For each line below that includes the string "abbrev", show the whole line.

=== Begin Enclosure ===

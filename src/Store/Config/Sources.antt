-- ===== src/Store/Config/Sources.antt =====
-- Setting one key records where it is from, and leaves the source of every other key.
use zhuzhbox_cli.Base.{
  ℕ, ◌≡◌, Bool, true, false, Option, none, some, [], ◌∷◌, if◌then◌else◌, Bytes, ap, if_holds,
}
use zhuzhbox_cli.Base.Int.{ℤ}
use zhuzhbox_cli.Format.Size.{Doubles, parse_size}
use zhuzhbox_cli.Store.Alloc.{Alloc}
use zhuzhbox_cli.Store.Config.{
  Key, Source, Config, same_key, sourced, put_host, put_int, set_str, parse_tri, parse_bool,
  parse_concurrency, normalize_host, set_int, set_size, set_from_text,
}
use zhuzhbox_cli.Store.Config.Laws.{Gives}

-- Where each setting is from.
abbrev pub AreFrom : (Key → Source) → Config → Type 0
AreFrom expect cfg = (k : Key) → cfg.src k ≡ expect k

abbrev pub is_there : {A : Type 0} → Option A → Bool
is_there none = false
is_there (some a) = true

abbrev pub update : Key → Source → (Key → Source) → Key → Source
update key source expect k = if same_key key k then source else expect k

update-AreFrom :
    (key : Key) (source : Source) (cfg : Config) (expect : Key → Source)
    → AreFrom expect cfg
    → AreFrom (update key source expect) (sourced key source cfg)
update-AreFrom key source cfg expect h k = ap (λ s. if same_key key k then source else s) (h k)

put_host-AreFrom :
    (key : Key) (host : Bytes) (cfg : Config) (expect : Key → Source)
    → AreFrom expect cfg
    → AreFrom expect (put_host key host cfg)
put_host-AreFrom Key.api_host host cfg expect h = h
put_host-AreFrom Key.download_host host cfg expect h = h
put_host-AreFrom Key.site_host host cfg expect h = h
put_host-AreFrom _ host cfg expect h = h

put_int-AreFrom :
    (key : Key) (v : ℤ) (cfg : Config) (expect : Key → Source)
    → AreFrom expect cfg
    → AreFrom expect (put_int key v cfg)
put_int-AreFrom Key.concurrency v cfg expect h = h
put_int-AreFrom Key.bundle v cfg expect h = h
put_int-AreFrom Key.color v cfg expect h = h
put_int-AreFrom Key.progress v cfg expect h = h
put_int-AreFrom Key.single_shot v cfg expect h = h
put_int-AreFrom Key.resume v cfg expect h = h
put_int-AreFrom _ v cfg expect h = h

set_int-AreFrom :
    (o : Option ℤ) (key : Key) (source : Source) (cfg : Config) (expect : Key → Source)
    → AreFrom expect cfg
    → Gives (AreFrom (update key source expect)) (set_int o key source cfg)
set_int-AreFrom none key source cfg expect h = tt
set_int-AreFrom (some v) key source cfg expect h =
    update-AreFrom key source (put_int key v cfg) expect (put_int-AreFrom key v cfg expect h)

set_size-AreFrom :
    (o : Option ℕ) (source : Source) (cfg : Config) (expect : Key → Source)
    → AreFrom expect cfg
    → Gives (AreFrom (update Key.single_shot_max source expect)) (set_size o source cfg)
set_size-AreFrom none source cfg expect h = tt
set_size-AreFrom (some n) source cfg expect h =
    update-AreFrom Key.single_shot_max source (record cfg { single_shot_max = n }) expect h

set_str-AreFrom :
    (m : Alloc) (key : Key) (text : Bytes) (source : Source) (cfg : Config) (expect : Key → Source)
    → AreFrom expect cfg
    → Gives (AreFrom (update key source expect)) (set_str m key text source cfg)
unfolding set_str
set_str-AreFrom m key [] source cfg expect h = tt
set_str-AreFrom m key (c ∷ cs) source cfg expect h =
    let host = normalize_host (c ∷ cs) in
    if_holds (Gives (AreFrom (update key source expect))) m.copy_ok _ _
      (λ e.
        update-AreFrom key source (put_host key host cfg) expect
          (put_host-AreFrom key host cfg expect h))
      (λ e. tt)

module _ (f : Doubles) (m : Alloc) where
  pub set_from_text-AreFrom :
      (key : Key) (text : Bytes) (source : Source) (cfg : Config) (expect : Key → Source)
      → AreFrom expect cfg
      → Gives (AreFrom (update key source expect)) (set_from_text f m key text source cfg)
  unfolding set_from_text
  set_from_text-AreFrom Key.concurrency text source cfg expect h =
      set_int-AreFrom (parse_concurrency text) Key.concurrency source cfg expect h
  set_from_text-AreFrom Key.bundle text source cfg expect h =
      set_int-AreFrom (parse_bool text) Key.bundle source cfg expect h
  set_from_text-AreFrom Key.single_shot text source cfg expect h =
      set_int-AreFrom (parse_bool text) Key.single_shot source cfg expect h
  set_from_text-AreFrom Key.resume text source cfg expect h =
      set_int-AreFrom (parse_bool text) Key.resume source cfg expect h
  set_from_text-AreFrom Key.color text source cfg expect h =
      set_int-AreFrom (parse_tri text) Key.color source cfg expect h
  set_from_text-AreFrom Key.progress text source cfg expect h =
      set_int-AreFrom (parse_tri text) Key.progress source cfg expect h
  set_from_text-AreFrom Key.single_shot_max text source cfg expect h =
      set_size-AreFrom (parse_size f (some text)) source cfg expect h
  set_from_text-AreFrom Key.api_host text source cfg expect h =
      set_str-AreFrom m Key.api_host text source cfg expect h
  set_from_text-AreFrom Key.download_host text source cfg expect h =
      set_str-AreFrom m Key.download_host text source cfg expect h
  set_from_text-AreFrom Key.site_host text source cfg expect h =
      set_str-AreFrom m Key.site_host text source cfg expect h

=== End Enclosure ===

§ Solution to the exercise:
abbrev pub AreFrom : (Key → Source) → Config → Type 0
abbrev pub is_there : {A : Type 0} → Option A → Bool
abbrev pub update : Key → Source → (Key → Source) → Key → Source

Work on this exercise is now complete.